I posted one of my favorite recipes here.  It is complete with pictures per your request.

*http://tinyurl.com/Pork-U-Pine*

*--Bruce*


----------



## danj (Dec 13, 2009)

are you taking orders for the book yet? I would get one of them signed books also. Betty crocker aint got anything on ya. congrats...


----------



## kennymn (Dec 13, 2009)

Congratultions Jeff, looking forward for the the release of the first edition of your book ( and signed ) LOL


----------



## stonebriar (Dec 13, 2009)

Congratulations Jeff & Family! I would send you novel recipes and creative ideas, however, I learned all I know from you! Again, congratulations...

Steve
Jenks, Oklahoma


----------



## rambler (Dec 13, 2009)

Congratulations Jeff!!!  Here is a good jerky recipe;

1 lb ground venison
1 1/2 teas. hickory smoke salt
1/2 teas. garlic salt
1/2 teas. onion salt
1   teas. tender quick
1/4 teas. ground black pepper
1/4 teas. cayenne  

Use a jerky shooter or press to make strips or sticks as desired.

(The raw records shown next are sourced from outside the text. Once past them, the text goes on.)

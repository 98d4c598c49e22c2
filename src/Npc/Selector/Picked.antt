-- ===== src/Npc/Selector/Picked.antt =====
-- What `PickServer` returns after `SetServers`.
use gomcpack.Prelude.{
  ℕ, zero, suc, ◌<◌, ◌≡◌, refl, ap, Option, none, some, List, [], ◌∷◌, arith, length, get_elem?,
  ◌==◌, if◌then◌else◌, Bool-cases, inl, inr, subst,
}
use gomcpack.Go.{Go, done, Error, no_servers, Returns, ok, err}
use gomcpack.Go.Slice.{Bytes}
use gomcpack.Npc.Selector.{put_address, resolve, resolve_all, set_servers, address, pick_server}

ok-inj : {A : Type 0} {a b : A} → ok a ≡ ok b → a ≡ b
ok-inj h = cc

put_address-eq-ok :
    (r : Returns Bytes) (rest : Returns (List Bytes)) {addrs : List Bytes}
    → put_address r rest ≡ ok addrs
    → (a : Bytes) × (rest_addrs : List Bytes) × (r ≡ ok a)
      × (rest ≡ ok rest_addrs)
      × (a ∷ rest_addrs ≡ addrs)
put_address-eq-ok (err e) rest h = cc
put_address-eq-ok (ok a) (err e) h = cc
put_address-eq-ok (ok a) (ok rest_addrs) h = (a, rest_addrs, refl, refl, ok-inj h)

-- One of the servers resolves to the address that is returned.
abbrev pub Picks :
    (Bytes → Returns Bytes) → (Bytes → Returns Bytes) → List Bytes → Go (Returns Bytes) → Type 0
Picks unix tcp servers r =
    (i : ℕ) × (server : Bytes) × (addr : Bytes) × (get_elem? servers i ≡ some server)
    × (resolve unix tcp server ≡ ok addr)
    × (r ≡ done (ok addr))

module _ (unix tcp : Bytes → Returns Bytes) where
  -- One address for each server, in their order.
  data AreResolved : List Bytes → List Bytes → Type 0 where
    no_more : AreResolved [] []
    resolved :
        {server addr : Bytes} {servers addrs : List Bytes}
        → resolve unix tcp server ≡ ok addr
        → AreResolved servers addrs
        → AreResolved (server ∷ servers) (addr ∷ addrs)

  resolve_all-AreResolved :
      (servers addrs : List Bytes)
      → resolve_all unix tcp servers ≡ ok addrs
      → AreResolved servers addrs
  unfolding resolve_all
  resolve_all-AreResolved [] addrs h = subst (AreResolved []) (ok-inj h) no_more
  resolve_all-AreResolved (server ∷ servers) addrs h =
      let (a, rest_addrs, e1, e2, e3) =
        put_address-eq-ok (resolve unix tcp server) (resolve_all unix tcp servers) h in
      subst (AreResolved (server ∷ servers)) e3
        (resolved e1 (resolve_all-AreResolved servers rest_addrs e2))

  length-AreResolved :
      {servers addrs : List Bytes} → AreResolved servers addrs → length addrs ≡ length servers
  length-AreResolved no_more = refl
  length-AreResolved (resolved e r) = ap suc (length-AreResolved r)

  -- An address of the list is that of a server.
  nth :
      (i : ℕ) {servers addrs : List Bytes}
      → AreResolved servers addrs
      → i < length addrs
      → (server : Bytes) × (addr : Bytes) × (get_elem? servers i ≡ some server)
        × (get_elem? addrs i ≡ some addr)
        × (resolve unix tcp server ≡ ok addr)
  nth i no_more h = absurd (omega arith)
  nth zero (resolved {server} {addr} e r) h = (server, addr, refl, refl, e)
  nth (suc i) (resolved e r) h = nth i r (omega arith)

  address-nth :
      (i : ℕ) (servers addrs : List Bytes)
      → AreResolved servers addrs
      → i < length addrs
      → Picks unix tcp servers (address addrs i)
  unfolding address
  address-nth i servers addrs r h =
      let (server, addr, e1, e2, e3) = nth i r h in (i, server, addr, e1, e3, rw (e2, address) refl)

-- After a call of `SetServers` that returned no error, `PickServer` returns the address that the
-- resolver gave for one of the servers of that call, whatever number `rand.Int63n` returns below its
-- bound; if there are no servers, it returns the error for that. It does not panic.
pub pick_server-set_servers :
    (unix tcp : Bytes → Returns Bytes) (int63n : ℕ → ℕ) (servers old addrs : List Bytes)
    → ((n : ℕ) → 0 < n → int63n n < n)
    → set_servers unix tcp servers old ≡ (none, addrs)
    → if length servers == 0
      then pick_server int63n addrs ≡ done (err no_servers)
      else Picks unix tcp servers (pick_server int63n addrs)
unfolding pick_server set_servers
pick_server-set_servers unix tcp int63n servers old addrs below h =
    let r : AreResolved unix tcp servers addrs =
      resolve_all-AreResolved unix tcp servers addrs (settled (resolve_all unix tcp servers) h) in
    let same = length-AreResolved unix tcp r in
    rw⁻¹ same (elim (Bool-cases (length addrs == 0)) [
      | inl e ↦ rw e refl
      | inr e ↦ elim (Bool-cases (length addrs == 1)) [
        | inl f ↦ rw (e, f) (address-nth unix tcp 0 servers addrs r (ground arith))
        | inr f ↦
            rw (e, f)
              (address-nth unix tcp (int63n (length addrs)) servers addrs r
                (below (length addrs) (ground arith)))
      ]
    ])
  where
    settled :
        (o : Returns (List Bytes))
        → ◌≡◌ {A = Option Error × List Bytes}
            (elim o [ err e ↦ (some e, old) | ok rest_addrs ↦ (none, rest_addrs) ])
            (none, addrs)
        → o ≡ ok addrs
    settled (err e) h = cc
    settled (ok rest_addrs) h = cc
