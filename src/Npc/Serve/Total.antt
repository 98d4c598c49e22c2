-- ===== src/Npc/Serve/Total.antt =====
-- The loop of a connection ends on every input.
use gomcpack.Prelude.{
  ℕ, zero, suc, ◌%◌, ◌^◌, ◌<◌, ◌≡◌, refl, ap, sym, ◌∙◌, Bool, true, false, Option, List, [], ◌∷◌,
  ◌++◌, arith, length, length-append, replicate, leb, leb→le, ◌==◌, if◌then◌else◌, Bool-cases, inl,
  inr, subst, take, drop, min, length-drop, take-append-drop,
}
use gomcpack.Go.{Go, done, Error, eof, unexpected_eof, bad_magic, Returns, ok, err}
use gomcpack.Go.Slice.{Bytes}
use gomcpack.Npc.Header.{Header, header_magicnum}
use gomcpack.Npc.Header.Layout.{header_bytes, IsHeader, marshal-bytes}
use gomcpack.Npc.Header.RoundTrip.{AreBytes, AreBytes-append, header_of_bytes, length-header_bytes}
use gomcpack.Npc.Message.{
  Writer, write, write_header, zero_header, read_full, read_header, read_request,
}
use gomcpack.Npc.Message.Frames.{read_header-bytes}
use gomcpack.Npc.Serve.{ResponseState, respond, Reply, Handler, respond_all, handle, turn, serve}
use gomcpack.Npc.Serve.Loop.{discard-limited_read, IsHandler, reply_to}

-- A header that was read leaves less of the stream.
data IsRead (s : Bytes) (r : Go (Returns Header × Bytes)) : Type 0 where
  failed : (e : Error) (s' : Bytes) → r ≡ done (err e, s') → IsRead s r
  found :
      (h : Header) (s' : Bytes)
      → r ≡ done (ok h, s')
      → IsHeader h
      → length s' < length s
      → AreBytes s'
      → IsRead s r

read_header-short :
    (s : Bytes)
    → leb 36 (length s) ≡ false
    → (e : Error) × (read_header zero_header s ≡ done (err e, []))
unfolding read_header read_full
read_header-short s short = (if length s == 0 then eof else unexpected_eof, rw short refl)

read_request-IsRead : (s : Bytes) → AreBytes s → IsRead s (read_request s)
unfolding read_request
read_request-IsRead s bytes = elim (Bool-cases (leb 36 (length s))) [
  | inr short ↦ let (e, h) = read_header-short s short in failed e [] (rw h refl)
  | inl long ↦
      let (h, r, w, e) = header_of_bytes s (leb→le 36 (length s) long) bytes in
      let shorter : length r < length s = omega (
        arith,
        ap length e,
        length-append (header_bytes h) r,
        length-header_bytes h w.provider_length,
      ) in
      let parsed : read_header zero_header s ≡ done (ok h, r) =
        ap (read_header zero_header) e ∙ read_header-bytes zero_header h r refl w in
      elim (Bool-cases (h.magic_num == header_magicnum)) [
        | inl good ↦
            found h r (rw parsed (rw good refl)) w shorter
              (AreBytes-append (header_bytes h) r (subst AreBytes e bytes)).1
        | inr bad ↦ failed bad_magic r (rw parsed (rw bad refl))
      ]
]

write_header-total :
    (h : Header) (w : Writer)
    → length h.provider ≡ 16
    → write_header h w ≡ done (write (header_bytes h ++ []) w)
unfolding write_header
write_header-total h w p = rw (marshal-bytes h (replicate 36 0) p (omega arith)) refl

-- `w.Write` returned, and kept the width of the header.
abbrev IsWritten : Go (Option Error × (ResponseState × Writer)) → Type 0
IsWritten r =
    (e : Option Error) × (s : ResponseState) × (w : Writer) × (r ≡ done (e, (s, w)))
    × (length s.handler_header.provider ≡ 16)

empty_data :
    (bs : Bytes) (h : Header) (out : Bytes) (broken : Bool)
    → (length bs == 0) ≡ true
    → length h.provider ≡ 16
    → IsWritten (
        respond bs (
          record { wrote_reply = false; handler_header = h },
          record { out = out; broken = broken },
        ))
unfolding respond
empty_data bs h out broken e p = rw e (_, _, _, refl, p)

respond-IsWritten :
    (bs : Bytes) (b : Bool) (h : Header) (out : Bytes) (broken : Bool)
    → length h.provider ≡ 16
    → IsWritten (
        respond bs
          (record { wrote_reply = b; handler_header = h }, record { out = out; broken = broken }))
unfolding respond write
respond-IsWritten bs true h out broken p = (_, _, _, refl, p)
respond-IsWritten bs false h out true p = elim (Bool-cases (length bs == 0)) [
  | inl e ↦ empty_data bs h out true e p
  | inr e ↦
      let h' : Header = record h { body_len = length bs % 2 ^ 32 } in
      let w : Writer = record { out = out; broken = true } in
      rw (e, write_header-total h' w p) (_, _, _, refl, p)
]
respond-IsWritten bs false h out false p = elim (Bool-cases (length bs == 0)) [
  | inl e ↦ empty_data bs h out false e p
  | inr e ↦
      let h' : Header = record h { body_len = length bs % 2 ^ 32 } in
      let w : Writer = record { out = out; broken = false } in
      rw (e, write_header-total h' w p) (_, _, _, refl, p)
]

respond_all-total :
    (writes : List Bytes) (s : ResponseState) (w : Writer)
    → length s.handler_header.provider ≡ 16
    → (s' : ResponseState) × (w' : Writer) × (respond_all writes (s, w) ≡ done (s', w'))
unfolding respond_all
respond_all-total [] s w p = (s, w, refl)
respond_all-total (bs ∷ rest) s w p =
    let (e, s1, w1, h, p1) = respond-IsWritten bs s.wrote_reply s.handler_header w.out w.broken p in
    let (s2, w2, h2) = respond_all-total rest s1 w1 p1 in (s2, w2, rw h h2)

handle-total :
    (handler : Handler) (h : Header) (s : Bytes) (w : Writer)
    → IsHandler handler
    → length h.provider ≡ 16
    → (w' : Writer) × (handle handler h s w ≡ done (drop (min h.body_len (length s)) s, w'))
unfolding handle
handle-total handler h s w valid p =
    let body : Bytes = take h.body_len s in
    let reply : Reply = reply_to handler h body in
    let start : ResponseState = record { wrote_reply = false; handler_header = reply.header } in
    let (r, w', e) =
      respond_all-total reply.writes start w (valid h (record h { body_len = 0 }) body p) in
    (w', rw e (rw (discard-limited_read reply.taken h.body_len s) refl))

AreBytes-drop : (n : ℕ) (s : Bytes) → AreBytes s → AreBytes (drop n s)
AreBytes-drop n s h =
    (AreBytes-append (take n s) (drop n s) (subst AreBytes (sym (take-append-drop n s)) h)).1

-- Whatever bytes come in, the loop ends with an error of a read, after at most one turn more than
-- there are bytes, and no turn panics; the writer may be broken, and the handler may write any number
-- of times. The handler leaves an array of 16 bytes in the header of the response.
pub serve-total :
    (handler : Handler) (s : Bytes) (w : Writer) (f : ℕ)
    → IsHandler handler
    → AreBytes s
    → length s < f
    → (e : Error) × (w' : Writer) × (serve f handler s w ≡ done (e, w'))
unfolding serve turn
serve-total handler s w zero valid bytes fuel = absurd (omega arith)
serve-total handler s w (suc f) valid bytes fuel = elim (read_request-IsRead s bytes) [
  | failed e s' h ↦ (e, w, rw h refl)
  | found h s' r is shorter rest ↦
      let n = min h.body_len (length s') in
      let (w1, e1) = handle-total handler h s' w valid is.provider_length in
      let (e, w2, e2) =
        serve-total handler (drop n s') w1 f valid (AreBytes-drop n s' rest)
          (omega (arith, length-drop n s')) in
      (e, w2, rw r (rw e1 e2))
]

I use the hickory smoke salt if I dehydrate (usually 5 hrs. at 140F.) but if in the smoker I just use the real wood smoke instead.
Good luck with the book
Doug Basquez


----------



## seenred (Dec 14, 2009)

Well deserved Congrats to you, Jeff!  I'm not sure I could contribute anything original because practically every recipe I use was "borrowed" from these forums.  It's one of the many things about SMF that I love:  everyone shares so freely with each other.  It's about time that you and the many other talented folks here had their due.  I can't wait to have my own copy!


----------



## khuhner (Dec 17, 2009)

First congratulations on the book! Very exciting.... 
	

	
	
		
		



		
		
	


	






I happened upon your post shortly after posting a memphis bbq sauce recipe. 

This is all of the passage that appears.